Sunday, July 31, 2022

Sample Efficiency Matters: A Benchmark for Practical Molecular Optimization

Wenhao Gao, Tianfan Fu, Jimeng Sun, Connor W. Coley (2022)
Highlighted by Jan Jensen

Figure 1 from the paper. (c) The authors 2022. Reproduced under the CC-BY license.

The development of generative models that can find molecules with certain properties has become very popular but there are very few studies that compare them, so it's hard to know what works best. This study compares the performance of 25 different generative models in 23 different optimisation tasks and draws some very interesting conclusions.

None of these methods find the optimum value given an "budget" of 10,000 oracle evaluations and for some tasks the best performance is not exactly impressive. This doesn't bode well for some real life applications where even a few hundred property evaluations are challenging. 

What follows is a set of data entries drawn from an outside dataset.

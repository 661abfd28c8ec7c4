-- ===== src/Log/Filter/Bounds.antt =====
-- log.c: what log_set_debug_filter leaves, whatever the text.
use daemonlib.Base.{
  ℕ, zero, suc, ◌+◌, ◌-◌, ◌*◌, ◌≤◌, ◌<◌, ◌≡◌, refl, ◌⊎◌, inl, inr, Bool, false, ◌&&◌, Option, none,
  some, List, [], ◌∷◌, ◌++◌, length, length-append, ltb, leb, ◌==◌, if_both, Bool-cases,
  Option-cases, subst, arith,
}
use daemonlib.Log.Filter.{
  LogDebugFilter, max_debug_filters, max_source_name_size, all_groups, scan_line, with_line,
  scan_name, groups_of, filter_of, skip_comma, followed, parsed, parse_one, sign_of, parse_loop,
  DebugFilters, filters_or_none, log_set_debug_filter,
}

abbrev pub IsLine : Option ℕ → Type 0
IsLine none = Unit {0}
IsLine (some line) = (0 < line) × (line ≤ 1000009)

-- A filter for a source, or one for groups, which has no name and no line.
abbrev pub IsFilter : LogDebugFilter → Type 0
IsFilter f =
    (length f.source_name ≤ max_source_name_size)
    × IsLine f.line
    × (f.groups ≤ all_groups)
    × (((f.groups ≡ 0) × (0 < length f.source_name))
        ⊎ ((0 < f.groups) × (f.source_name ≡ []) × (f.line ≡ none)))

abbrev pub AreFilters : List LogDebugFilter → Type 0
AreFilters [] = Unit {0}
AreFilters (f ∷ fs) = IsFilter f × AreFilters fs

abbrev LineBound : Option (ℕ × List ℕ) → Type 0
LineBound none = Unit {0}
LineBound (some (line, rest)) = line ≤ 1000009

scan_line_bound : (line : ℕ) (cs : List ℕ) → line ≤ 1000009 → LineBound (scan_line line cs)
unfolding scan_line
scan_line_bound line [] le = le
scan_line_bound line (c ∷ cs) le = elim (Bool-cases (c == 44)) [
  | inl comma ↦ rw comma le
  | inr other ↦ elim (Bool-cases (leb 48 c && leb c 57)) [
    | inr wrong ↦ rw (other, wrong) tt
    | inl digit ↦ elim (Bool-cases (ltb 100000 line)) [
      | inl large ↦ rw (other, digit, large) tt
      | inr small ↦
          rw (other, digit, small)
            (scan_line_bound (line * 10 + (c - 48)) cs (ground (arith, digit, small)))
    ]
  ]
]

abbrev NameBound : Option (List ℕ × Option ℕ × List ℕ) → Type 0
NameBound none = Unit {0}
NameBound (some (name, line, rest)) = (length name ≤ max_source_name_size) × IsLine line

with_line_bound :
    (name : List ℕ) (r : Option (ℕ × List ℕ))
    → length name ≤ max_source_name_size
    → LineBound r
    → NameBound (with_line name r)
with_line_bound name none small bound = tt
with_line_bound name (some (line, rest)) small bound = elim (Bool-cases (line == 0)) [
  | inl zero_line ↦ rw zero_line tt
  | inr given ↦ rw given (small, (ground (arith, given), bound))
]

scan_name_bound :
    (name cs : List ℕ) → length name ≤ max_source_name_size → NameBound (scan_name name cs)
unfolding scan_name
scan_name_bound name [] small = (small, tt)
scan_name_bound name (c ∷ cs) small = elim (Bool-cases (c == 44)) [
  | inl comma ↦ rw comma (small, tt)
  | inr other ↦ elim (Bool-cases (c == 58)) [
    | inl colon ↦
        rw (other, colon)
          (if_both NameBound (length name == 0) tt
            (with_line_bound name (scan_line 0 cs) small (scan_line_bound 0 cs (omega arith))))
    | inr letter ↦ elim (Bool-cases (leb max_source_name_size (length name))) [
      | inl long ↦ rw (other, letter, long) tt
      | inr short ↦
          rw (other, letter, short)
            (scan_name_bound (name ++ (c ∷ [])) cs
              (ground (arith, short, length-append name (c ∷ []))))
    ]
  ]
]

abbrev IsGroups : ℕ → Type 0
IsGroups n = n ≤ all_groups

groups_bound : (name : List ℕ) → groups_of name ≤ all_groups
unfolding groups_of
groups_bound name =
    let a : 1 ≤ all_groups = omega arith in
    let b : 2 ≤ all_groups = omega arith in
    let c : 4 ≤ all_groups = omega arith in
    let d : 8 ≤ all_groups = omega arith in
    let e : 16 ≤ all_groups = omega arith in
    let f : all_groups ≤ all_groups = omega arith in
    let g : 0 ≤ all_groups = omega arith in
    if_both IsGroups _ a (
      if_both IsGroups _ b (
        if_both IsGroups _ c
          (if_both IsGroups _ d (if_both IsGroups _ e (if_both IsGroups _ f g)))))

filter_of-IsFilter :
    (included : Bool) (name : List ℕ) (line : Option ℕ) (groups : ℕ)
    → length name ≤ max_source_name_size
    → 0 < length name
    → IsLine line
    → groups ≤ all_groups
    → IsFilter (filter_of included name line groups)
filter_of-IsFilter included name line groups small some_name is le =
    elim (Bool-cases (groups == 0)) [
      | inl none_at_all ↦
          rw none_at_all (small, is, le, inl (ground (arith, none_at_all), some_name))
      | inr given ↦ rw given (omega arith, tt, le, inr (ground (arith, given), refl, refl))
    ]

abbrev OneFilter : Option (LogDebugFilter × List ℕ) → Type 0
OneFilter none = Unit {0}
OneFilter (some (f, rest)) = IsFilter f

followed-OneFilter :
    (f : LogDebugFilter) (r : Option (List ℕ)) → IsFilter f → OneFilter (followed f r)
followed-OneFilter f none is = tt
followed-OneFilter f (some rest) is = is

parsed-OneFilter :
    (included : Bool) (r : Option (List ℕ × Option ℕ × List ℕ))
    → NameBound r
    → OneFilter (parsed included r)
parsed-OneFilter included none bound = tt
parsed-OneFilter included (some (name, line, rest)) (small, is) =
    elim (Bool-cases (length name == 0)) [
      | inl empty ↦ rw empty tt
      | inr given ↦ rw given (
          followed-OneFilter _ (skip_comma rest) (
            filter_of-IsFilter included name line (groups_of name) small (ground (arith, given)) is
              (groups_bound name)))
    ]

AreFilters-append :
    (fs : List LogDebugFilter) (f : LogDebugFilter)
    → AreFilters fs
    → IsFilter f
    → AreFilters (fs ++ (f ∷ []))
AreFilters-append [] f are is = (is, tt)
AreFilters-append (g ∷ fs) f (isg, are) is = (isg, AreFilters-append fs f are is)

abbrev AllFilters : Option (List LogDebugFilter) → Type 0
AllFilters none = Unit {0}
AllFilters (some fs) = AreFilters fs × (length fs ≤ max_debug_filters)

parse_loop-AllFilters :
    (fuel : ℕ) (fs : List LogDebugFilter) (cs : List ℕ)
    → AreFilters fs
    → length fs ≤ max_debug_filters
    → AllFilters (parse_loop fuel fs cs)
unfolding parse_loop
parse_loop-AllFilters fuel fs [] are few = (are, few)
parse_loop-AllFilters zero fs (c ∷ cs) are few = tt
parse_loop-AllFilters (suc fuel) fs (c ∷ cs) are few =
    elim (Bool-cases (leb max_debug_filters (length fs))) [
      | inl full ↦ rw full tt
      | inr room ↦ elim (Option-cases (sign_of c)) [
        | inl no_sign ↦ rw (room, no_sign) tt
        | inr (included, sign) ↦ elim (Option-cases (parse_one included cs)) [
          | inl wrong ↦ rw (room, sign, wrong) tt
          | inr ((f, rest), one) ↦
              let is : IsFilter f = subst OneFilter one (
                parsed-OneFilter included (scan_name [] cs)
                  (scan_name_bound [] cs (omega arith))) in
              rw (room, sign, one)
                (parse_loop-AllFilters fuel (fs ++ (f ∷ [])) rest (AreFilters-append fs f are is)
                  (ground (arith, room, length-append fs (f ∷ []))))
        ]
      ]
    ]

set_filters :
    (r : Option (List LogDebugFilter)) (version : ℕ)
    → AllFilters r
    → let (ok, d) = filters_or_none r version in
      AreFilters d.filters
      × (length d.filters ≤ max_debug_filters)
      × (d.version ≡ version)
      × (ok ≡ false → d.filters ≡ [])
set_filters none version all = (tt, omega arith, refl, λ failed. refl)
set_filters (some fs) version (are, few) = (are, few, refl, λ failed. absurd (ground arith))

-- Whatever the text, at most 64 filters are set, each with a name of at most 64 characters and a line,
-- if any, between 1 and 1000009, so that no array and no `int` overflows; a filter has a name or is for
-- known groups, and then has no line. A text that is refused leaves no filter. The version goes up by
-- one.
log_set_debug_filter-AreFilters :
    (filter : List ℕ) (d : DebugFilters)
    → let (ok, d') = log_set_debug_filter filter d in
      AreFilters d'.filters
      × (length d'.filters ≤ max_debug_filters)
      × (d'.version ≡ d.version + 1)
      × (ok ≡ false → d'.filters ≡ [])
unfolding log_set_debug_filter
log_set_debug_filter-AreFilters filter d =
    set_filters (parse_loop (length filter) [] filter) (d.version + 1)
      (parse_loop-AllFilters (length filter) [] filter tt (omega arith))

Some methods are slower to converge than others, so you might draw completely different conclusions regarding efficiency if you 100,000 oracle evaluations. Similarly, some methods have high variability in performance so you might draw very different conclusions from 1 run compared to 10 runs. This is especially a consideration for problems when you can only afford one run. It might be better to choose a method that performs slightly worse on average but is less variable, rather than risk a bad run from a highly variable method that performs better on average.

The method that performed best overall is one of the oldest methods, published in 2017! 

Food for thought

This work is licensed under a Creative Commons Attribution 4.0 International License.